Estimate the functional impact of deletions (in Kb) using the alpha genome

Hi,
I am working with a ~1400 bp deletion identified from ONT long-read sequencing (hg38). I want to evaluate its functional impact on local genomic features such as regulatory elements and gene activity.

Given that score_variant is designed for single variants, would it be appropriate to model this deletion as a single contiguous structural variant by defining the full reference span and corresponding deleted sequence as alternate_bases?

Alternatively, would you recommend generating a custom sequence with the deletion applied and using predict_sequence() followed by manual comparison with the reference predictions?

How reliable are these approaches for capturing the functional consequences of deletions of this size?

Hi There!

Thanks for reaching out.

The main difference here is if you want to predict biological activity or run a comparative analysis to measure the impact of a variant - both will work natively with your deletion.

You can define a genome.Variant with the 1400 bp deletion in alternate_bases and input into score_variant. Please note that while score_variant only considers a single genome.Variant, genome.Variant can be composed of multiple mutations/SNPs/indels. Or you can construct a custom sequence with the deletion removed and predict using predict_sequence().

AlphaGenome fully supports analyzing indels; insertions, deletions, and inversions of random lengths between 1 and 20 base pairs were used during distillation. There is no limit on the size of SV/indels that can be analyzed, however as your 1400 bp deletion exceeds this training distribution, the model’s predictions may be less reliable.

Kind regards,
Tumi

Hi Tumi,

Thank you for your answer re. estimating the functional impact of large deletions (in Kb) using AlphaGenome.

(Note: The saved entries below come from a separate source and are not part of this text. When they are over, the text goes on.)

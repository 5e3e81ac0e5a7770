-- ===== src/Lib.antt =====
-- The JN Engine contributor gateway: the collaboration services, which are claims on tasks, the
-- opening of pull requests, the status of the protected checks, the audit log under them and the
-- GitHub client beside them; and the exported repository that it serves, with its admission at the
-- start, the content ids and the reads of its files, the search over them and the index of tasks.
--
-- How the program is put together. An MCP server (app/mcp/server.py) hands each call to a service:
-- TaskClaimService (app/core/task_claims.py), OpenPrService (app/core/open_pr.py) and
-- CheckStatusService (app/core/check_status.py). The claim service keeps no state of its own: it
-- decides on the records of an append-only NDJSON file, its ledger, inside AuditLog.transact
-- (app/collaboration/audit.py), which holds the lock of the file, and the decision is one more
-- record. The other services talk to GitHub through a session of app/collaboration/github.py and
-- append one record of each call by AuditLog.append.
--
-- At the start validate_snapshot (app/core/snapshot.py) walks an export of the engine's repository
-- and compares it with its manifest. ContentSearch (app/core/content_search.py) searches the files
-- of that snapshot and fetches them by content ids; each file goes through the checks of
-- app/core/path_safety.py again before it is read. TaskIndex (app/core/task_index.py) reads five of
-- the files, parses them into tasks, and answers list_tasks and get_task, which the claims ask too.
--
-- The files.
--   Base: numbers, lists and texts as the program uses them; Base/Text is Python's str.
--   Python: JSON values, dict by key, UTF-8, base64, and Result, a call that returns or raises,
--   with the exceptions of app/collaboration/errors.py.
--   Audit: app/collaboration/audit.py. `File` is the audit file: its lines, its size and whether it
--   is torn, which is to say that it ends within a record. `append` and `transact` are the methods
--   of AuditLog; `Host` holds what the operating system answers in one call. Audit/Write,
--   Audit/Record and Audit/Transact are about the write loop, one record and one transaction.
--   Claims: app/core/task_claims.py. Claims/Validate has the argument checks, Claims/Ledger
--   `_ledger_claims`, Claims/Body the `try` blocks of the two `decide` functions, and
--   Claims/Operations claim_task and release_task themselves. Claims/Records, Claims/Wellformed and
--   Claims/Inversion carry the lemmas on records, on the claims of a ledger and on calls that
--   return. Claims/Refinement is the abstract view, a registry of claims with its permitted steps,
--   and Claims/Ownership is about sequences of calls.
--   Github: app/collaboration/github.py. Github/Session has the requests and retries; Github/Retry,
--   Github/Emits and Github/Reads have the rules for what a call sends, and Github/Answered those for
--   the replies that a call goes by.
--   OpenPr: app/core/open_pr.py. OpenPr/Validate has the argument checks, OpenPr/Steps the private
--   methods of OpenPrService, OpenPr/Service open_pr. OpenPr/Accepted, OpenPr/Requests,
--   OpenPr/Safety, OpenPr/Order and OpenPr/Mutations are about what is accepted and what is sent,
--   and OpenPr/Trailer about the idempotency key in a commit message.
--   CheckStatus: app/core/check_status.py. CheckStatus/Verdict has `_context_state` and
--   `_overall`, CheckStatus/Steps the argument check and the readers of GitHub's answers,
--   CheckStatus/Service the methods of CheckStatusService. CheckStatus/Gate is about the verdict,
--   CheckStatus/Reads and CheckStatus/Sources about the reports and the runs and jobs that they
--   are of, CheckStatus/Founded and CheckStatus/Green about the contexts and a whole call.
--   Corpus: app/core/snapshot.py and app/core/path_safety.py, with their exceptions, and
--   `Outcome`, a call that returns or raises one. Corpus/Policy has is_admitted_repository_path,
--   Corpus/Scan `_scan_directory` over a tree of nodes, Corpus/Snapshot the manifest, the
--   inventory and validate_snapshot. Corpus/SafePath is validate_relative_path, Corpus/ContentId
--   the encoding and the decoding of ids, Corpus/Reads `_revalidate_file`, resolve_content_id and
--   read_text_bounded, and Corpus/Cite titles, citations and languages. The modules below them
--   are about those: Scan/Clean describes the trees that the walk should accept, with their
--   files, and Scan/Found compares the walk with that; Snapshot/Sealed and Snapshot/Valid are
--   about what a validated snapshot is read from.
--   Search: app/core/content_search.py. Search has the data and classify_file, Search/Engines the
--   line maps of the two engines, and Search/Service search and fetch. Search/Grep is a direct
--   search of a text, and Search/Mapped and Search/Reference compare the engine of Python with
--   it. Search/Sound, Search/Lines, Search/Classified and Search/Fetched are about what is found,
--   the engines, the scopes and fetch.
--   TaskIndex: app/core/task_index.py. TaskIndex/Texts has its text helpers, TaskIndex/Patterns
--   its regular expressions, TaskIndex/Records the rows, `_csv_rows` and `_record`,
--   TaskIndex/Sources `_parse_handoff` and `_parse_qa`, TaskIndex/Tables `_parse_linkage` and
--   `_parse_decomp`, TaskIndex/Catalog `_parse_catalog`, whose two loops are one over the lines,
--   and TaskIndex/Index the constructor, list_tasks and get_task. TaskIndex/Recorded and
--   TaskIndex/Loops are about what the parsers give, and TaskIndex/Unique, TaskIndex/Reads and
--   TaskIndex/Listed about the index and its reads.
--   Samples: concrete calls, and each theorem at work on one.
--
-- How the code is rendered. A call is a function from its arguments and the state to the result and
-- the state after it. An exception is a value; `other_exception` stands for every exception of
-- Python itself or of a library. In a call of a service the state is the file, and in a GitHub call
-- it is `Trail`: the requests, the statuses and the sleeps so far, and the local variables that the
-- audit record reads. A claim decision keeps its local variables in `Locals`, since they are read
-- after a raise. An instant is a number of microseconds.
--
-- Bounds. The write loop runs on fuel, one unit for each byte of the payload, which is enough since
-- each round writes a byte or ends. A read has three attempts, and its loop is recursion on the
-- attempts that are left. A number has at most one decimal digit more than it says. All other loops
-- are over lists, texts or trees.
--
-- What is a parameter. GitHub is any function from the requests so far and the new one to a reply.
-- The operating system's answers are any. `Calendar` is Python's datetime: `format` is
-- `_timestamp`, and `IsFaithful` says that a timestamp has at most 32 characters and is read back
-- as the instant without the fraction of its second. `printable` is str.isprintable of one
-- character; `casefold`, `lower` and `millis` are str.casefold, str.lower and the reading of a
-- Retry-After header; `to_str` and `to_int` are str and int of a JSON value. `encoded` is the
-- length of the line that json.dumps writes of a record, a positive number. `get_task` is the task
-- index's, and `new_id` what the claim ID factory returns.
--
-- `Readers` holds json and pydantic's reading of the manifest's types, and SHA-256; `Node` is what
-- lstat, scandir and read answer for an entry of the export, `Disk` what lstat, resolve and open
-- answer during a request, which may be anything. `Unicode` is str.casefold. `Ripgrep` is a run of
-- rg: whether it is there, its status, its lines as json.loads reads them, the resolution of the
-- paths in them and int of the line numbers. `Library` is str.casefold, str.upper, the digits of
-- `\d` and of str.isdigit, and the rows of a strict csv.DictReader, or where it raises.
--
-- What is taken for granted. The names of the files of an export are Unicode texts, and the tree
-- stays as it is while the program starts. The content root can be resolved. json.loads of a line
-- that json.dumps wrote gives the record back. Nothing else writes to the file while its lock is
-- held. The unlocking and closing in `finally` raise nothing.
--
-- What is not modelled. The MCP and REST servers, the OAuth flows, the configuration and the
-- response models call libraries or declare data for them. The index of symbols and the
-- project context of app/core, app/gateway_repo and the scripts of deploy are parts of their
-- own. The command line of rg is not modelled,
-- nor are the log lines of the task index.
pub mod Base
pub mod Python
pub mod Audit
pub mod TaskIndex
pub mod Claims
pub mod Github
pub mod OpenPr
pub mod CheckStatus
pub mod Corpus
pub mod Search
pub mod Samples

I am also interested in applying AlphaGenome to predict effects of a very large deletion (100 Kb) on gene expression of nearby genes. I’ve tried the function score_variant and got conflicting results for RNAseq with different cell lines. I understand that the model’s prediction may be less reliable due to the size of the deletion, however I’m curious to know whether different RNAseq quality may affect the prediction or not. For example, in the supplementary method, you mentioned “normalized RNA-seq tracks from ENCODE and GTEx were grouped by their ontology CURIE and assay type… Within each group, the normalized signals were averaged across all included experiments or individuals”.

Could this create some bias, for example if a cell lines (such as fibroblasts) are present with multiple high quality experiments, the prediction for this cell line will be more accurate than the ones with limited data in GTEX/ENCODE?